___ Records for processing ___
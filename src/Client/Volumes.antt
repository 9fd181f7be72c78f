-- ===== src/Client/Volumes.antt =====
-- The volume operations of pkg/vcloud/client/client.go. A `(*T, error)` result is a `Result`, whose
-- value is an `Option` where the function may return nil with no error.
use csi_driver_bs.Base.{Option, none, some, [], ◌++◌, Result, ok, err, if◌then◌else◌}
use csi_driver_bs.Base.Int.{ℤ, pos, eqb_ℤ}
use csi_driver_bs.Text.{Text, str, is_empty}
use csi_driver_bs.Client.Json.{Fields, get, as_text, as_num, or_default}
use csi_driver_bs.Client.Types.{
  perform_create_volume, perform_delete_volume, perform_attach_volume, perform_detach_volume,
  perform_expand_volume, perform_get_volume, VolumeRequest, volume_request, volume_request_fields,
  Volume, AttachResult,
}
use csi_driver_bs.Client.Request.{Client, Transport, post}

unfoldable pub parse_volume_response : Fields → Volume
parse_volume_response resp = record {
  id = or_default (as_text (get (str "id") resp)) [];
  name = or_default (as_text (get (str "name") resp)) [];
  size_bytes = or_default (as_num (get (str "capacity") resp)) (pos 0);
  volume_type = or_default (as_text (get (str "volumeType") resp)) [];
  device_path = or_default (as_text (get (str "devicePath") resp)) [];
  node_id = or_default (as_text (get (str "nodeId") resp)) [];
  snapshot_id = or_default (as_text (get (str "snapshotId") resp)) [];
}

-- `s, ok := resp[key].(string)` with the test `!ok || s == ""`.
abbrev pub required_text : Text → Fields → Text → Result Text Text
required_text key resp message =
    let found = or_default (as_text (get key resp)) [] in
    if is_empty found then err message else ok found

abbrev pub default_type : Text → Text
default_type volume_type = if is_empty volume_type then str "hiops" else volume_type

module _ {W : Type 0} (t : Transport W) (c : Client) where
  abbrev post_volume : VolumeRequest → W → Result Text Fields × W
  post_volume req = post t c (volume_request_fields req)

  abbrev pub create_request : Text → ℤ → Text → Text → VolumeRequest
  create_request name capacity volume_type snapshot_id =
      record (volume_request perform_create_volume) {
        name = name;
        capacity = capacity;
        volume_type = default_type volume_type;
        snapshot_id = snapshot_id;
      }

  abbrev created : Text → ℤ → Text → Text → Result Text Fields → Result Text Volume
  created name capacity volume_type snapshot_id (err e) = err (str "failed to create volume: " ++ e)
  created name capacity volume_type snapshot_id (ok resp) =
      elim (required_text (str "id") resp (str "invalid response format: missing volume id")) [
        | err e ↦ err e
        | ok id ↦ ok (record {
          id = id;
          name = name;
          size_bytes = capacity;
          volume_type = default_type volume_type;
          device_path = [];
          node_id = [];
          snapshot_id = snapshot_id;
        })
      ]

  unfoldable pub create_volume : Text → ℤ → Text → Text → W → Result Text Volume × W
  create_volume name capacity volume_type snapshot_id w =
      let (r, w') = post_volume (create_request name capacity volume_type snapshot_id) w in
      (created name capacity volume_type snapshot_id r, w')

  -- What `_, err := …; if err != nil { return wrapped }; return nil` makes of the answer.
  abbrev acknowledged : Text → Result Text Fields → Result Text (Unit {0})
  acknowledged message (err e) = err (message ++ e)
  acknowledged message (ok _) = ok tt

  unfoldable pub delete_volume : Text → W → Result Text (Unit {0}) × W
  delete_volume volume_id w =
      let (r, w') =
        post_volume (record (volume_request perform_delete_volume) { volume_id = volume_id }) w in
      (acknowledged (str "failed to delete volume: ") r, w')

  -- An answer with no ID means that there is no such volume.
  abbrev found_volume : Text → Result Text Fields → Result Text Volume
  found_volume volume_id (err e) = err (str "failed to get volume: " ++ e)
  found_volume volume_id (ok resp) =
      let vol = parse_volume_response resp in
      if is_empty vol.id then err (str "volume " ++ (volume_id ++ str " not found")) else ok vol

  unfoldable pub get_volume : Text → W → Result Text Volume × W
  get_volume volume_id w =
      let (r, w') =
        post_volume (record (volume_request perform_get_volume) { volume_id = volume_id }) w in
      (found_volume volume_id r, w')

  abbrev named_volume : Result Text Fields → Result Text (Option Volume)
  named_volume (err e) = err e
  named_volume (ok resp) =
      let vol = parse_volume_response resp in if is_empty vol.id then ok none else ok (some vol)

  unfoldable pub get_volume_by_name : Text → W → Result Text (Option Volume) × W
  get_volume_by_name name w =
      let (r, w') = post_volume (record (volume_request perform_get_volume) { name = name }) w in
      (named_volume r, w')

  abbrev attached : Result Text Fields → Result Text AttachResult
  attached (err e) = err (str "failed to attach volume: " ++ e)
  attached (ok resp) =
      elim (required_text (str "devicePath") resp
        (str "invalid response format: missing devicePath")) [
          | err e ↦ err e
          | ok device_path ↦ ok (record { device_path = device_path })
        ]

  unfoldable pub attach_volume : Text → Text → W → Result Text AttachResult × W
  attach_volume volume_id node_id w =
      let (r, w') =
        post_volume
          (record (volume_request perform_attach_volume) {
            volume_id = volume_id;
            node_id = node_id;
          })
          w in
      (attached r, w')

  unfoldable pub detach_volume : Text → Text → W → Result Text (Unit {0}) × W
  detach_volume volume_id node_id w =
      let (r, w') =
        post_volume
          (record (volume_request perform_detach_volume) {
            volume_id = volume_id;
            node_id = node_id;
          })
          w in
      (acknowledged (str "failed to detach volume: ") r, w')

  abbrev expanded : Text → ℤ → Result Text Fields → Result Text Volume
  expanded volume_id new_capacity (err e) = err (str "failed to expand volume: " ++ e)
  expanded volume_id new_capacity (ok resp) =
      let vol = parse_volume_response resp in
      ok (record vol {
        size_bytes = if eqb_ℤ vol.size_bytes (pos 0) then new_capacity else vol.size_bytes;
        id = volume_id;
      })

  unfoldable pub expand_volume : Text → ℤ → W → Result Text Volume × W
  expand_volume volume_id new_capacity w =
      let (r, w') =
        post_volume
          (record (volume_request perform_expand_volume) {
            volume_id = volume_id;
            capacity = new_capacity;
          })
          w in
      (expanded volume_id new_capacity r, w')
___
**What you should do:**
Once you have read the records above, output each of them verbatim.

**Exercise solution:**
filename src/Client/Volumes.antt
repository 9fd181f7be72c78f
-- ===== src/Client/Volumes.antt =====
-- The volume operations of pkg/vcloud/client/client.go. A `(*T, error)` result is a `Result`, whose
-- value is an `Option` where the function may return nil with no error.
use csi_driver_bs.Base.{Option, none, some, [], ◌++◌, Result, ok, err, if◌then◌else◌}
use csi_driver_bs.Base.Int.{ℤ, pos, eqb_ℤ}
use csi_driver_bs.Text.{Text, str, is_empty}
use csi_driver_bs.Client.Json.{Fields, get, as_text, as_num, or_default}
use csi_driver_bs.Client.Types.{
  perform_create_volume, perform_delete_volume, perform_attach_volume, perform_detach_volume,
  perform_expand_volume, perform_get_volume, VolumeRequest, volume_request, volume_request_fields,
  Volume, AttachResult,
}
use csi_driver_bs.Client.Request.{Client, Transport, post}

unfoldable pub parse_volume_response : Fields → Volume
parse_volume_response resp = record {
  id = or_default (as_text (get (str "id") resp)) [];
  name = or_default (as_text (get (str "name") resp)) [];
  size_bytes = or_default (as_num (get (str "capacity") resp)) (pos 0);
  volume_type = or_default (as_text (get (str "volumeType") resp)) [];
  device_path = or_default (as_text (get (str "devicePath") resp)) [];
  node_id = or_default (as_text (get (str "nodeId") resp)) [];
  snapshot_id = or_default (as_text (get (str "snapshotId") resp)) [];
}

-- `s, ok := resp[key].(string)` with the test `!ok || s == ""`.
abbrev pub required_text : Text → Fields → Text → Result Text Text
required_text key resp message =
    let found = or_default (as_text (get key resp)) [] in
    if is_empty found then err message else ok found

abbrev pub default_type : Text → Text
default_type volume_type = if is_empty volume_type then str "hiops" else volume_type

module _ {W : Type 0} (t : Transport W) (c : Client) where
  abbrev post_volume : VolumeRequest → W → Result Text Fields × W
  post_volume req = post t c (volume_request_fields req)

  abbrev pub create_request : Text → ℤ → Text → Text → VolumeRequest
  create_request name capacity volume_type snapshot_id =
      record (volume_request perform_create_volume) {
        name = name;
        capacity = capacity;
        volume_type = default_type volume_type;
        snapshot_id = snapshot_id;
      }

  abbrev created : Text → ℤ → Text → Text → Result Text Fields → Result Text Volume
  created name capacity volume_type snapshot_id (err e) = err (str "failed to create volume: " ++ e)
  created name capacity volume_type snapshot_id (ok resp) =
      elim (required_text (str "id") resp (str "invalid response format: missing volume id")) [
        | err e ↦ err e
        | ok id ↦ ok (record {
          id = id;
          name = name;
          size_bytes = capacity;
          volume_type = default_type volume_type;
          device_path = [];
          node_id = [];
          snapshot_id = snapshot_id;
        })
      ]

  unfoldable pub create_volume : Text → ℤ → Text → Text → W → Result Text Volume × W
  create_volume name capacity volume_type snapshot_id w =
      let (r, w') = post_volume (create_request name capacity volume_type snapshot_id) w in
      (created name capacity volume_type snapshot_id r, w')

  -- What `_, err := …; if err != nil { return wrapped }; return nil` makes of the answer.
  abbrev acknowledged : Text → Result Text Fields → Result Text (Unit {0})
  acknowledged message (err e) = err (message ++ e)
  acknowledged message (ok _) = ok tt

  unfoldable pub delete_volume : Text → W → Result Text (Unit {0}) × W
  delete_volume volume_id w =
      let (r, w') =
        post_volume (record (volume_request perform_delete_volume) { volume_id = volume_id }) w in
      (acknowledged (str "failed to delete volume: ") r, w')

  -- An answer with no ID means that there is no such volume.
  abbrev found_volume : Text → Result Text Fields → Result Text Volume
  found_volume volume_id (err e) = err (str "failed to get volume: " ++ e)
  found_volume volume_id (ok resp) =
      let vol = parse_volume_response resp in
      if is_empty vol.id then err (str "volume " ++ (volume_id ++ str " not found")) else ok vol

  unfoldable pub get_volume : Text → W → Result Text Volume × W
  get_volume volume_id w =
      let (r, w') =
        post_volume (record (volume_request perform_get_volume) { volume_id = volume_id }) w in
      (found_volume volume_id r, w')

  abbrev named_volume : Result Text Fields → Result Text (Option Volume)
  named_volume (err e) = err e
  named_volume (ok resp) =
      let vol = parse_volume_response resp in if is_empty vol.id then ok none else ok (some vol)

  unfoldable pub get_volume_by_name : Text → W → Result Text (Option Volume) × W
  get_volume_by_name name w =
      let (r, w') = post_volume (record (volume_request perform_get_volume) { name = name }) w in
      (named_volume r, w')

  abbrev attached : Result Text Fields → Result Text AttachResult
  attached (err e) = err (str "failed to attach volume: " ++ e)
  attached (ok resp) =
      elim (required_text (str "devicePath") resp
        (str "invalid response format: missing devicePath")) [
          | err e ↦ err e
          | ok device_path ↦ ok (record { device_path = device_path })
        ]

  unfoldable pub attach_volume : Text → Text → W → Result Text AttachResult × W
  attach_volume volume_id node_id w =
      let (r, w') =
        post_volume
          (record (volume_request perform_attach_volume) {
            volume_id = volume_id;
            node_id = node_id;
          })
          w in
      (attached r, w')

  unfoldable pub detach_volume : Text → Text → W → Result Text (Unit {0}) × W
  detach_volume volume_id node_id w =
      let (r, w') =
        post_volume
          (record (volume_request perform_detach_volume) {
            volume_id = volume_id;
            node_id = node_id;
          })
          w in
      (acknowledged (str "failed to detach volume: ") r, w')

  abbrev expanded : Text → ℤ → Result Text Fields → Result Text Volume
  expanded volume_id new_capacity (err e) = err (str "failed to expand volume: " ++ e)
  expanded volume_id new_capacity (ok resp) =
      let vol = parse_volume_response resp in
      ok (record vol {
        size_bytes = if eqb_ℤ vol.size_bytes (pos 0) then new_capacity else vol.size_bytes;
        id = volume_id;
      })

  unfoldable pub expand_volume : Text → ℤ → W → Result Text Volume × W
  expand_volume volume_id new_capacity w =
      let (r, w') =
        post_volume
          (record (volume_request perform_expand_volume) {
            volume_id = volume_id;
            capacity = new_capacity;
          })
          w in
      (expanded volume_id new_capacity r, w')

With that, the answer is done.